Miniature Donkey Health Problems


Whether your miniature donkey has fallen ill or seems injured, it can be a scary time for you, their owner. You want to get them the best help so they can recover, but without knowing what’s causing the affliction, it’s hard to do that. What kinds of mini donkey health problems should you be on the lookout for?

The following health issues can affect miniature donkeys and other equine animals:

  • Parasites
  • Dental disease
  • Respiratory disease
  • Laminitis
  • Hyperlipaemia
  • Colic
  • Piroplasmosis
  • Contagious equine metritis
  • Vesicular stomatitis
  • Strangles
  • Rotavirus A
  • Botulism
  • Equine influenza

Curious to learn more about these conditions, diseases, and illnesses? In this extensive guide, we’ll cover the above afflictions in more detail, including symptoms, causes, and treatments. Keep this guide handy as you care for your mini donkey now and in the future. Hopefully, you won’t need it, but if you do, you’ll know just where to go for more info.

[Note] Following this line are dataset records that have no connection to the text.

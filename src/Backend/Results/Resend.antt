-- ===== src/Backend/Results/Resend.antt =====
-- Sending a batch again (`sync_batch`, backend/app.py; `flush` of edge/sync/offline_store.py does so
-- when it saw no answer).
use frass_f.Base.{
  get, ℕ, ◌+◌, ◌≤◌, ◌≡◌, refl, ap, inl, inr, Bool, true, false, Option, none, some, Bool-cases,
  List, [], ◌∷◌, Text, is_empty, length, All, arith,
}
use frass_f.Base.Int.{ℤ}
use frass_f.Backend.State.{Backend, Device, Env, Config}
use frass_f.Backend.Replay.{hour, check_replay}
use frass_f.Backend.Replay.Once.{
  Before, check_all, check_all-Remembered, Remembered, check_replay-Remembered, taken-Remembered,
  refused_if-Remembered,
}
use frass_f.Backend.Match.{Engine, match_embedding}
use frass_f.Backend.Results.{
  Result, Reply, replay_detected, from_device, receive_result, after_match, process_embedding,
  process_result, admitted, sync_one, sync_loop, sync_batch, tally, or_raise,
}

module _ {C E : Type 0} (K : Engine E) (cfg : Config) where
  guard-match_embedding :
      (fails : Bool) (t : ℤ) (q : E) (b : Backend C E)
      → (match_embedding K fails t q b).1.replay_guard ≡ b.replay_guard
  unfolding match_embedding
  guard-match_embedding true t q b = ground arith
  guard-match_embedding false t q b = ground arith

  guard-after_match :
      (r : Result E) (d : Text) (env : Env) (p : Option (Option ℕ × ℤ) × Backend C E)
      → (after_match K cfg r d env p).1.replay_guard ≡ p.1.replay_guard
  unfolding after_match
  guard-after_match r d env (none, b) = refl
  guard-after_match r d env (some (none, c), b) = refl
  guard-after_match r d env (some (some u, c), b) = ground arith

  guard-process_embedding :
      (r : Result E) (o : Option E) (d : Text) (env : Env) (b : Backend C E)
      → (process_embedding K cfg r o d env b).1.replay_guard ≡ b.replay_guard
  guard-process_embedding r none d env b = refl
  guard-process_embedding r (some q) d env b = ground (
    arith,
    guard-after_match r d env (match_embedding K env.load_fails cfg.recognition_threshold q b),
    guard-match_embedding env.load_fails cfg.recognition_threshold q b,
  )

  guard-process_result :
      (r : Result E) (d : Text) (env : Env) (b : Backend C E)
      → (process_result K cfg r d env b).1.replay_guard ≡ b.replay_guard
  unfolding process_result
  guard-process_result r d env b = guard-process_embedding r r.embedding d env b

  -- A turn of the loop keeps what is remembered, and remembers its own nonce if it counts.
  state_or_raise :
      (p : Option Reply × Backend C E) → (or_raise p (λ reply b'. (some true, b'))).1 ≡ p.1
  state_or_raise (none, b) = refl
  state_or_raise (some reply, b) = refl

  process-Remembered :
      (r : Result E) (d n : Text) (env : Env) (t : ℕ) (b : Backend C E)
      → Remembered n t b
      → Remembered n t (or_raise (process_result K cfg r d env b) (λ reply b'. (some true, b'))).1
  process-Remembered r d n env t b h =
      rw (state_or_raise (process_result K cfg r d env b)) (rw (guard-process_result r d env b) h)

  admitted-Remembered :
      (r : Result E) (d n : Text) (env : Env) (t : ℕ) (p : Bool × Backend C E)
      → Remembered n t p.1
      → Remembered n t (admitted K cfg r d env p).1
  admitted-Remembered r d n env t (false, b) h = h
  admitted-Remembered r d n env t (true, b) h = process-Remembered r d n env t b h

  sync_one-Remembered :
      (r : Result E) (d n : Text) (env : Env) (t : ℕ) (b : Backend C E)
      → env.now ≤ t + hour
      → Remembered n t b
      → Remembered n t (sync_one K cfg r d env b).1
  unfolding sync_one
  sync_one-Remembered r d n env t b soon h = elim (Bool-cases (is_empty r.nonce)) [
    | inl empty ↦ rw empty (process-Remembered r d n env t b h)
    | inr named ↦ rw named (
        admitted-Remembered r d n env t (check_replay r.nonce d env b)
          (check_replay-Remembered r.nonce d n env t b soon h))
  ]

  admitted-true :
      (r : Result E) (d : Text) (env : Env) (p : Bool × Backend C E)
      → (admitted K cfg r d env p).0 ≡ some true
      → p.0 ≡ true
  admitted-true r d env (false, b) h = cc
  admitted-true r d env (true, b) h = refl

  counts-Remembered :
      (r : Result E) (d : Text) (env : Env) (b : Backend C E)
      → is_empty r.nonce ≡ false
      → (sync_one K cfg r d env b).0 ≡ some true
      → Remembered r.nonce env.now (sync_one K cfg r d env b).1
  unfolding sync_one
  counts-Remembered r d env b named h = rw named (
      admitted-Remembered r d r.nonce env env.now (check_replay r.nonce d env b) (
        taken-Remembered r.nonce d env b
          (admitted-true r d env (check_replay r.nonce d env b) (rw named at h))))

  Remembered-earlier :
      (n : Text) (s t : ℕ) (b : Backend C E) → t ≤ s → Remembered n s b → Remembered n t b
  Remembered-earlier n s t b h (g, found, since) = (g, found, omega arith)

module _ {E : Type 0} where
  abbrev pub results_of : List (Result E × Env) → List (Result E)
  results_of [] = []
  results_of ((r, env) ∷ rs) = r ∷ results_of rs

  -- The turn is no earlier than `t`, and within an hour of it.
  abbrev pub Within : ℕ → Result E × Env → Type 0
  Within t (r, env) = (t ≤ env.now) × (env.now ≤ t + hour)

  abbrev pub Named : Result E × Env → Type 0
  Named (r, env) = is_empty r.nonce ≡ false

module _ {C E : Type 0} where
  abbrev Kept : ℕ → Backend C E → Result E × Env → Type 0
  Kept t b (r, env) = Remembered r.nonce t b

  -- What a run of the loop has done to the nonces.
  record Ran (rs : List (Result E × Env)) (n t : ℕ) (b : Backend C E) (m : ℕ) (b' : Backend C E)
      : Type 0 where
    bound : m ≤ n + length rs
    keeps : (k : Text) → Remembered k t b → Remembered k t b'
    all_kept : m ≡ n + length rs → All Named rs → All (Kept t b') rs

module _ {C E : Type 0} (K : Engine E) (cfg : Config) where
  turn_Ran :
      (r : Result E) (d : Text) (env : Env) (rs : List (Result E × Env)) (c : Bool) (n t m : ℕ)
      (b b₁ b' : Backend C E)
      → Within t (r, env)
      → sync_one K cfg r d env b ≡ (some c, b₁)
      → Ran rs (tally n c) t b₁ m b'
      → Ran ((r, env) ∷ rs) n t b m b'
  turn_Ran r d env rs true n t m b b₁ b' w e ran = record {
    bound = omega (arith, ran.bound);
    keeps = λ k h. ran.keeps k (rw e at (sync_one-Remembered K cfg r d k env t b w.1 h));
    all_kept = λ full named. (
      ran.keeps r.nonce (
          Remembered-earlier K cfg r.nonce env.now t b₁ w.0 (
            rw e at (
              counts-Remembered K cfg r d env b named.0
                (ap (λ (p : Option Bool × Backend C E). p.0) e)))),
      ran.all_kept (omega arith) named.1,
    );
  }
  turn_Ran r d env rs false n t m b b₁ b' w e ran = record {
    bound = omega (arith, ran.bound);
    keeps = λ k h. ran.keeps k (rw e at (sync_one-Remembered K cfg r d k env t b w.1 h));
    all_kept = λ full named. absurd (omega (arith, ran.bound));
  }

  sync_loop-Ran :
      (rs : List (Result E × Env)) (d : Text) (n t m : ℕ) (b b' : Backend C E)
      → All (Within t) rs
      → sync_loop K cfg rs d n b ≡ (some m, b')
      → Ran rs n t b m b'
  unfolding sync_loop
  sync_loop-Ran [] d n t m b b' w h =
      let same_state : b ≡ b' = ap (λ (p : Option ℕ × Backend C E). p.1) h in
      let count : some n ≡ some m = ap (λ (p : Option ℕ × Backend C E). p.0) h in
      let same : n ≡ m = cc in
      record { bound = omega arith; keeps = λ k r. rw same_state at r; all_kept = λ full named. tt }
  sync_loop-Ran ((r, env) ∷ rs) d n t m b b' w h =
      split (sync_one K cfg r d env b) refl h (λ n₁ b₁. sync_loop-Ran rs d n₁ t m b₁ b' w.1)
    where
      split :
          (p : Option Bool × Backend C E)
          → sync_one K cfg r d env b ≡ p
          → or_raise p (λ c b₁. sync_loop K cfg rs d (tally n c) b₁) ≡ (some m, b')
          → ((n₁ : ℕ) (b₁ : Backend C E)
              → sync_loop K cfg rs d n₁ b₁ ≡ (some m, b')
              → Ran rs n₁ t b₁ m b')
          → Ran ((r, env) ∷ rs) n t b m b'
      split (none, b₁) e returns ih =
          let count : none ≡ some m = ap (λ (q : Option ℕ × Backend C E). q.0) returns in cc
      split (some c, b₁) e returns ih =
          turn_Ran r d env rs c n t m b b₁ b' w.0 e (ih (tally n c) b₁ returns)

  skipped_if-Remembered :
      (r : Result E) (d : Text) (env : Env) (t : ℕ) (b : Backend C E)
      → is_empty r.nonce ≡ false
      → Remembered r.nonce t b
      → sync_one K cfg r d env b ≡ (some false, b)
  unfolding sync_one
  skipped_if-Remembered r d env t b named h =
      rw named (rw (refused_if-Remembered r.nonce d env t b h))

  sync_loop_skips :
      (rs again : List (Result E × Env)) (d : Text) (n t : ℕ) (b : Backend C E)
      → results_of again ≡ results_of rs
      → All Named rs
      → All (Kept t b) rs
      → sync_loop K cfg again d n b ≡ (some n, b)
  unfolding sync_loop
  sync_loop_skips rs [] d n t b same named kept = refl
  sync_loop_skips [] ((r, env) ∷ again) d n t b same named kept = cc
  sync_loop_skips ((q, env') ∷ rs) ((r, env) ∷ again) d n t b same named kept =
      let head : r ≡ q = cc in
      let rest : results_of again ≡ results_of rs = cc in
      rw (skipped_if-Remembered r d env t b (rw head named.0) (rw head kept.0))
        (sync_loop_skips rs again d n t b rest named.1 kept.1)

  -- A batch with a nonce on every result, of which every result was processed, can be sent again, at
  -- any later times: nothing is processed, and nothing changes in the backend.
  pub resend_changes_nothing :
      (rs again : List (Result E × Env)) (d : Text) (t : ℕ) (b b' : Backend C E)
      → All Named rs
      → All (Within t) rs
      → sync_batch K cfg rs d b ≡ (some (length rs, length rs), b')
      → results_of again ≡ results_of rs
      → sync_batch K cfg again d b' ≡ (some (0, length again), b')
  unfolding sync_batch
  resend_changes_nothing rs again d t b b' named within h same =
      split (sync_loop K cfg rs d 0 b) refl h
    where
      skip : All (Kept t b') rs → sync_batch K cfg again d b' ≡ (some (0, length again), b')
      skip kept = rw (sync_loop_skips rs again d 0 t b' same named kept)

      split :
          (p : Option ℕ × Backend C E)
          → sync_loop K cfg rs d 0 b ≡ p
          → or_raise {B = ℕ × ℕ} p (λ n b₁. (some (n, length rs), b₁))
            ≡ (some (length rs, length rs), b')
          → sync_batch K cfg again d b' ≡ (some (0, length again), b')
      split (none, b₁) e returns =
          let count : none ≡ some (length rs, length rs) =
            ap (λ (q : Option (ℕ × ℕ) × Backend C E). q.0) returns in
          cc
      split (some n, b₁) e returns =
          let state : b₁ ≡ b' = ap (λ (q : Option (ℕ × ℕ) × Backend C E). q.1) returns in
          let count : some (n, length rs) ≡ some (length rs, length rs) =
            ap (λ (q : Option (ℕ × ℕ) × Backend C E). q.0) returns in
          let full : n ≡ length rs = cc in
          let ran = sync_loop-Ran rs d 0 t n b b₁ within e in
          skip (rw state at (ran.all_kept (omega arith) named))

  from_device-refused :
      (o : Option (Device C)) (x : Device C) (r : Result E) (d : Text) (env : Env) (t : ℕ)
      (b : Backend C E)
      → o ≡ some x
      → is_empty r.nonce ≡ false
      → Remembered r.nonce t b
      → from_device K cfg o r d env b ≡ (replay_detected, b)
  from_device-refused o x r d env t b known named kept =
      rw known (rw named (rw (refused_if-Remembered r.nonce d env t b kept)))

  -- A result with a nonce whose processing raised, in a batch or alone, is lost: after any calls of
  -- `check_replay` within the hour, as it is sent again in a batch it is not processed, and as a known
  -- device sends it again alone it is refused as a replay, and nothing changes in the backend.
  pub raised_is_lost :
      (r : Result E) (d : Text) (env env' : Env) (b b₁ b' : Backend C E)
      (calls : List (Text × Text × Env)) (x : Device C)
      → is_empty r.nonce ≡ false
      → is_empty d ≡ false
      → check_replay r.nonce d env b ≡ (true, b₁)
      → process_result K cfg r d env b₁ ≡ (none, b')
      → All (Before (env.now + hour)) calls
      → get d (check_all calls b').devices ≡ some x
      → (sync_batch K cfg ((r, env') ∷ []) d (check_all calls b')
          ≡ (some (0, 1), check_all calls b'))
        × (receive_result K cfg r d env' (check_all calls b')
            ≡ (replay_detected, check_all calls b'))
  unfolding sync_batch sync_loop sync_one receive_result
  raised_is_lost r d env env' b b₁ b' calls x named device taken raised within known =
      let kept : Remembered r.nonce env.now b₁ =
        rw taken at
          (taken-Remembered r.nonce d env b (ap (λ (p : Bool × Backend C E). p.0) taken)) in
      let kept' : Remembered r.nonce env.now b' =
        rw raised at (rw (← guard-process_result K cfg r d env b₁) at kept) in
      let after : Remembered r.nonce env.now (check_all calls b') =
        check_all-Remembered calls r.nonce env.now b' within kept' in
      (
        rw named (rw (refused_if-Remembered r.nonce d env' env.now (check_all calls b') after)),
        rw device (
            from_device-refused (get d (check_all calls b').devices) x r d env' env.now
              (check_all calls b') known named after),
      )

Mini Donkey Health Issues to Look out For

Parasites

Up to 10 different parasite species affect mini donkeys and full-sized donkeys that do not infect horses. There are also those that target donkeys and horses alike, such as the lungworm. The Dictyocaulus arnfieldi or equine lungworm is often ingested by mini donkeys and other equine animals.

From there, the larvae travel until they reach the donkey’s intestinal wall. They then move naturally to the lungs, hence their name, the lungworm. The larvae remain in the lungs, growing into four-inch adults within two to four months. Then, they’ll lay eggs of their own to continue the process of reproduction.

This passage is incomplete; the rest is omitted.